Site-specific incorporation of N-(deoxyguanosin-8-yl)-2-acetylaminofluorene (dG-AAF) into oligonucleotides using modified 'ultra-mild' DNA synthesis

Abstract

Aromatic amino and nitro compounds are potent carcinogens found in the environment that exert their toxic effects by reacting with DNA following metabolic activation. One important adduct is N-(deoxyguanosin-8-yl)-2-acetylaminofluorene (dG-AAF), which has been extensively used in studies of the mechanisms of DNA repair and mutagenesis. Despite the importance of dG-AAF adducts in DNA, an efficient method for its incorporation into DNA using solid-phase synthesis is still missing. We report the development of a modified 'ultra-mild' DNA synthesis protocol that allows the incorporation of dG-AAF into oligonucleotides of any length accessible by solid-phase DNA synthesis with high efficiency and independent of sequence context. Key to this endeavor was the development of improved deprotection conditions (10% diisopropylamine in methanol supplemented with 0.25 M of beta-mercaptoethanol) designed to remove protecting groups of commercially available 'ultra-mild' phosphoramidite building blocks without compromising the integrity of the exquisitely base-labile acetyl group at N8 of dG-AAF. We demonstrate the suitability of these oligonucleotides in the nucleotide excision repair reaction. Our synthetic approach should facilitate comprehensive studies of the mechanisms of repair and mutagenesis induced by dG-AAF adducts in DNA and should be of general use for the incorporation of base-labile functionalities into DNA.

Figure 1

Commonly formed adducts of N-acetoxy-2-acetylaminofluorene with 2′-deoxyguanosine. N-AAAF can react with dG residues in DNA to form at least three different adducts: 3-(deoxyguanosin-N²-yl)-2-acetylaminofluorene (3) (dG-N²-AAF); N-(deoxyguanosin-8-yl)-2-acetylaminofluorene (4) (dG-AAF); and N-(deoxyguanosin-8-yl)-2-aminofluorene (5) (dG-AF). dG, dG-N²-AAF and dG-AF are believed to have the base mainly in the syn conformation, while the anti conformation is favored in dG-AAF.

Figure 2

Site-specific incorporation of dG-AAF and dG-AF into oligonucleotides.

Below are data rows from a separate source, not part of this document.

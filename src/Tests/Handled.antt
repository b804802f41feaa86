-- ===== src/Tests/Handled.antt =====
-- What the handlers compute on the messages of the runs.
use cimd_proxy.Prelude.{ℕ, String, ◌≡◌, refl, true, false, Option, none, some, List, [], ◌∷◌, arith}
use cimd_proxy.Errors.{ok, err, oauth, invalid_request, value_error, ssrf_refused}
use cimd_proxy.Effects.{run, attempt}
use cimd_proxy.Prelude.Dict.{Dict, lookup}
use cimd_proxy.Config.{resource_by_url}
use cimd_proxy.Pkce.{make_verifier, verify_challenge}
use cimd_proxy.RedirectUri.{accept_registered, uri_matches_registration}
use cimd_proxy.Fetcher.{check_infos}
use cimd_proxy.Fetcher.{validate_document, fetch, usable_redirect_uris}
use cimd_proxy.Cache.{get, extract_max_age}
use cimd_proxy.Prelude.{lower, ◌≢◌, eq_iff}
use cimd_proxy.Prelude.Int.{pos}
use cimd_proxy.CimdService.{Documents, obtain}
use cimd_proxy.Authorize.{
  authorize_envelope, render_authorize_error, validate, check_request, build_upstream_url,
  authorize,
}
use cimd_proxy.Http.{redirect}
use cimd_proxy.Cache.{Entry}
use cimd_proxy.Envelope
use cimd_proxy.Codec.{pack, open_authorize, open_code}
use cimd_proxy.Codec.RoundTrip.{open_authorize-pack, open_code-pack}
use cimd_proxy.Effects.Silent.{run_behind}
use cimd_proxy.Effects.Laws.{run-attempt}
use cimd_proxy.Http.{new_correlation_id}
use cimd_proxy.Authorize.{AuthorizeParams, require_present, present}
use cimd_proxy.Callback.{callback}
use cimd_proxy.Token.{
  TokenParams, token, dispatch, handle_auth_code, need, opened, check_code, render,
}
use cimd_proxy.Register
use cimd_proxy.Register.{read_json}
use cimd_proxy.Register.Issued.{registration_of}
use cimd_proxy.Json.{Json, str, arr, strings, object}
use cimd_proxy.Prelude.{ap, ◌∙◌, ◌≤◌}
use cimd_proxy.Tests.Setup.{
  platform, ip_address, config, cimd, codec, world, params, validated, own, cid, document, entry,
  metadata, client_url, back, state_envelope, code_of, refresh_of, accepted, lawful, reads_state,
  reads_code,
}
use cimd_proxy.Tests.Facts.{cid_drawn, upstream_url, url_built, filled, validate_runs}

pub state_packed :
    run (world 3) (pack platform codec (Envelope.authorize state_envelope)) ≡ ok "+++.a"
unfolding pack cimd_proxy.Tests.Fernet.mark cimd_proxy.Tests.Setup.dumps cimd_proxy.Envelope.payload
    lookup
state_packed = refl

pub code_packed : run (world 5) (pack platform codec (Envelope.code code_of)) ≡ ok "+++++.c"
unfolding pack cimd_proxy.Tests.Fernet.mark cimd_proxy.Tests.Setup.dumps cimd_proxy.Envelope.payload
    lookup
code_packed = refl

pub refresh_packed :
    run (world 5) (pack platform codec (Envelope.refresh refresh_of)) ≡ ok "+++++.r"
unfolding pack cimd_proxy.Tests.Fernet.mark cimd_proxy.Tests.Setup.dumps cimd_proxy.Envelope.payload
    lookup
refresh_packed = refl

pub registration_packed :
    run (world 3) (pack platform codec (Envelope.registration (registration_of accepted 3)))
    ≡ ok "+++.g"
unfolding pack cimd_proxy.Tests.Fernet.mark cimd_proxy.Tests.Setup.dumps cimd_proxy.Envelope.payload
    lookup
registration_packed = refl

pub state_opens : run (world 5) (open_authorize platform codec "+++.a") ≡ ok state_envelope
state_opens =
    open_authorize-pack platform lawful codec state_envelope reads_state (world 3) (world 5) "+++.a"
      state_packed (omega arith) (omega arith)

pub code_opens : (now : ℕ) → run (world now) (open_code platform codec "+++++.c") ≡ ok code_of
code_opens now =
    open_code-pack platform lawful codec code_of reads_code (world 5) (world now) "+++++.c"
      code_packed

-- The address that `/authorize` redirects to for these parameters.
pub authorize_runs :
    run (world 3) (authorize platform ip_address config cimd codec [] params)
    ≡ ok (ok (redirect upstream_url), filled)
unfolding authorize cimd_proxy.Authorize.answer
authorize_runs =
    run_behind (world 3) new_correlation_id _ cid_drawn
    ∙ run_behind (world 3) (validate platform ip_address config cimd codec [] params) _
        validate_runs
    ∙ run_behind (world 3) (build_upstream_url platform ip_address config cimd codec validated cid)
        _ url_built

abbrev pub silent_params : AuthorizeParams
silent_params = record params { response_type = none }

pub silent_refused :
    check_request config silent_params ≡ err (oauth (invalid_request "missing response_type"))
unfolding check_request require_present present
silent_refused = refl

abbrev pub callback_url : String
callback_url =
    "https://app.example/cb?error=access_denied&state=xyz&iss=https%3A%2F%2Fproxy.example"

pub error_passes :
    run (world 5) (callback platform config codec none (some "+++.a") (some "access_denied") none)
    ≡ ok (redirect callback_url)
unfolding callback cimd_proxy.Callback.answer_state cimd_proxy.Callback.answer_opened
    cimd_proxy.Callback.pass_error cimd_proxy.Url.Encode.urlencode cimd_proxy.Url.Encode.quote_plus
    authorize_envelope
error_passes =
    run_behind (world 5) (attempt (open_authorize platform codec "+++.a")) _
      (run-attempt (world 5) (open_authorize platform codec "+++.a") ∙ ap ok state_opens)

abbrev pub registration_payload : Dict Json
registration_payload =
    ("redirect_uris", arr (strings (back ∷ []))) ∷ ("client_name", str "App") ∷ []

pub metadata_accepted : Register.validate registration_payload ≡ ok accepted
unfolding Register.validate accept_registered cimd_proxy.Url.urlsplit cimd_proxy.Url.hostname
metadata_accepted = refl

pub body_read : read_json (some (object registration_payload)) ≡ ok registration_payload
unfolding read_json
body_read = refl

abbrev pub other_host : String
other_host = "https://other.example"

pub other_unknown : resource_by_url config other_host ≡ ok none
unfolding resource_by_url cimd_proxy.Config.normalise_requested_url cimd_proxy.Url.urlsplit
    cimd_proxy.Config.entry_with_url
other_unknown = refl

pub code_over : code_of.exp ≤ 65
unfolding cimd_proxy.Callback.code_envelope
code_over = omega arith

-- A code verifier that is not ASCII raises in `derive_challenge`, which `/token` does not catch.
abbrev pub accented : TokenParams
accented = record {
  grant_type = some "authorization_code";
  code = some "+++++.c";
  code_verifier = some "é";
  redirect_uri = none;
  client_id = none;
  refresh_token = none;
  scope = none;
  subject_token = none;
  subject_token_type = none;
  requested_token_type = none;
  resource = none;
}

pub accent_raises :
    run (world 9) (token platform codec config none accented)
    ≡ err (value_error "'ascii' codec can't encode the verifier")
unfolding token dispatch handle_auth_code need opened check_code verify_challenge
    cimd_proxy.Pkce.derive_challenge cimd_proxy.Prelude.all_chars render open_code
    cimd_proxy.Codec.open_payload cimd_proxy.Tests.Fernet.unseal cimd_proxy.Tests.Setup.loads
    cimd_proxy.Envelope.Decode.decode_code cimd_proxy.Callback.code_envelope
accent_raises = refl

abbrev pub empty : TokenParams
empty = record accented { grant_type = none }

pub empty_refused :
    run (world 9) (dispatch platform codec config none empty)
    ≡ err (
        oauth (
          invalid_request "missing grant_type; supported: 'authorization_code' or 'refresh_token'"))
unfolding dispatch cimd_proxy.Token.exchange_or_refuse cimd_proxy.Token.refuse_grant
empty_refused = refl

pub loopback_accepted : accept_registered "http://127.0.0.1/cb" ≡ ok tt
unfolding accept_registered cimd_proxy.Url.urlsplit cimd_proxy.Url.hostname
loopback_accepted = refl

pub hit : (get 9 client_url filled).0 ≡ some document
unfolding get
hit = refl

abbrev no_documents : Documents
no_documents = []

pub missed : (get 3 "http://a.example/c" no_documents).0 ≡ none
unfolding get
missed = refl

pub unresolved :
    run (world 3) (fetch platform cimd.fetcher ip_address "http://a.example/c")
    ≡ err (ssrf_refused "client_id must use https")
unfolding fetch cimd_proxy.Fetcher.parse_client_id_url cimd_proxy.Url.urlsplit
unresolved = refl

pub usable : usable_redirect_uris (back ∷ "ftp://app.example/x" ∷ []) ≡ ok (back ∷ [])
unfolding usable_redirect_uris cimd_proxy.Fetcher.sort_uris cimd_proxy.Fetcher.sort_one
    accept_registered cimd_proxy.Url.urlsplit cimd_proxy.Url.hostname cimd_proxy.Fetcher.refusal
usable = refl

pub six_hundred : extract_max_age (lower "no-store, max-age=600") ≡ some (pos 600)
unfolding extract_max_age lower
six_hundred = refl

pub obtained :
    run (world 3) (obtain platform ip_address cimd [] client_url) ≡ ok (ok document, filled)
unfolding check_request accept_registered validate_document fetch resource_by_url
    uri_matches_registration lookup obtain cimd_proxy.Fetcher.check_uris
    cimd_proxy.Fetcher.check_texts cimd_proxy.Fetcher.usable_redirect_uris
    cimd_proxy.Fetcher.sort_uris cimd_proxy.Fetcher.sort_one cimd_proxy.Fetcher.refusal
    cimd_proxy.Fetcher.validate_object cimd_proxy.Fetcher.parse_split cimd_proxy.Fetcher.authority
    cimd_proxy.Fetcher.check_all cimd_proxy.Fetcher.check_zones cimd_proxy.Fetcher.forbidden_zone
    cimd_proxy.Fetcher.without_scope cimd_proxy.Fetcher.first_ip cimd_proxy.Fetcher.pinned_request
    cimd_proxy.Fetcher.parse_client_id_url cimd_proxy.Fetcher.resolve_and_check_ips
    cimd_proxy.Fetcher.check_infos cimd_proxy.Fetcher.fetch_pinned cimd_proxy.Fetcher.read_reply
    cimd_proxy.Fetcher.read_body cimd_proxy.Fetcher.parse_payload
    cimd_proxy.Authorize.validate_checked cimd_proxy.Authorize.registered
    cimd_proxy.Authorize.require_present cimd_proxy.Authorize.present
    cimd_proxy.Authorize.pick_resource cimd_proxy.Authorize.known_target cimd_proxy.Authorize.finish
    cimd_proxy.Authorize.any_matches cimd_proxy.Authorize.load_document
    cimd_proxy.Authorize.dcr_registered cimd_proxy.CimdService.obtain_cached
    cimd_proxy.CimdService.remember cimd_proxy.Config.normalise_requested_url
    cimd_proxy.Config.fold_root cimd_proxy.Config.entry_with_url cimd_proxy.Url.urlsplit
    cimd_proxy.Url.hostname cimd_proxy.Url.port cimd_proxy.Url.hostinfo cimd_proxy.Url.without_path
    cimd_proxy.Cache.get cimd_proxy.Cache.put cimd_proxy.Cache.judge cimd_proxy.Cache.choose_ttl
    cimd_proxy.Cache.base_from_directive cimd_proxy.Cache.extract_max_age
    cimd_proxy.Cache.first_max_age cimd_proxy.Cache.directive_base cimd_proxy.Tests.Setup.loads
    cimd_proxy.Prelude.Dict.insert cimd_proxy.Prelude.lower cimd_proxy.Prelude.split_at
    cimd_proxy.Prelude.strip cimd_proxy.Prelude.Int.parse_int cimd_proxy.Prelude.partition
    cimd_proxy.Prelude.rpartition cimd_proxy.Prelude.any_char cimd_proxy.Prelude.all_chars
obtained = refl

pub tags_differ : ◌≢◌ {A = String} "cd" "rt"
tags_differ e = cc ((eq_iff "cd" "rt").1 e)

pub infos_checked :
    check_infos ip_address "app.example" (some ("93.184.216.34" ∷ [])) ≡ ok ("93.184.216.34" ∷ [])
unfolding check_infos cimd_proxy.Fetcher.check_zones cimd_proxy.Fetcher.without_scope
infos_checked = refl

Reaction conditions: (a) DMTr-Cl, pyridine (76%); (b) N-ethyldiisopropylamine, 2-cyanoethoxydiisopropylchloro-phosphoramidite, CH₂Cl₂ (86%); (c) modified ‘ultra-mild’ DNA synthesis as shown in Table 1; and (d) 1 M NaOH, 0.25 M β-mercaptoethanol.

Figure 3

Nucleoside composition analyses of 9-AAF (A) and 9-AF (B). The oligonucleotides 9-AAF and 9-AF were digested with snake venom phosphodiesterase and calf intestine phosphatase and the resulting nucleosides were separated using the HPLC gradient described in Materials and Methods. The elution times were as follows: dC = 3.4 min, dG = 5.5 min, T = 6.3 min, dA = 8.2 min, 9-AAF = 16.3 min, 9-AF = 16.7 min, dG-AAF = 24.2 min and dG-AF = 24.8 min.

Figure 4

NER dual incision activity on dG-AAF and dG-AF-containing plasmids. Plasmids containing site-specific dG-AAF or dG-AF residues were incubated with cell extracts prepared from HeLa cells. The 24mer to 32mer excision products containing dG-AAF or dG-AF were detected by annealing to a complementary oligonucleotide with a 5′-GpGpGpG overhang, which served as a template for end-labeling with [α-³²P]dCTP with sequenase. The reaction products were resolved on a 14% denaturing polyacrylamide gel. An MspI digest of pBR322 was used as a size marker and the position of the 27 and 35 nt bands are indicated.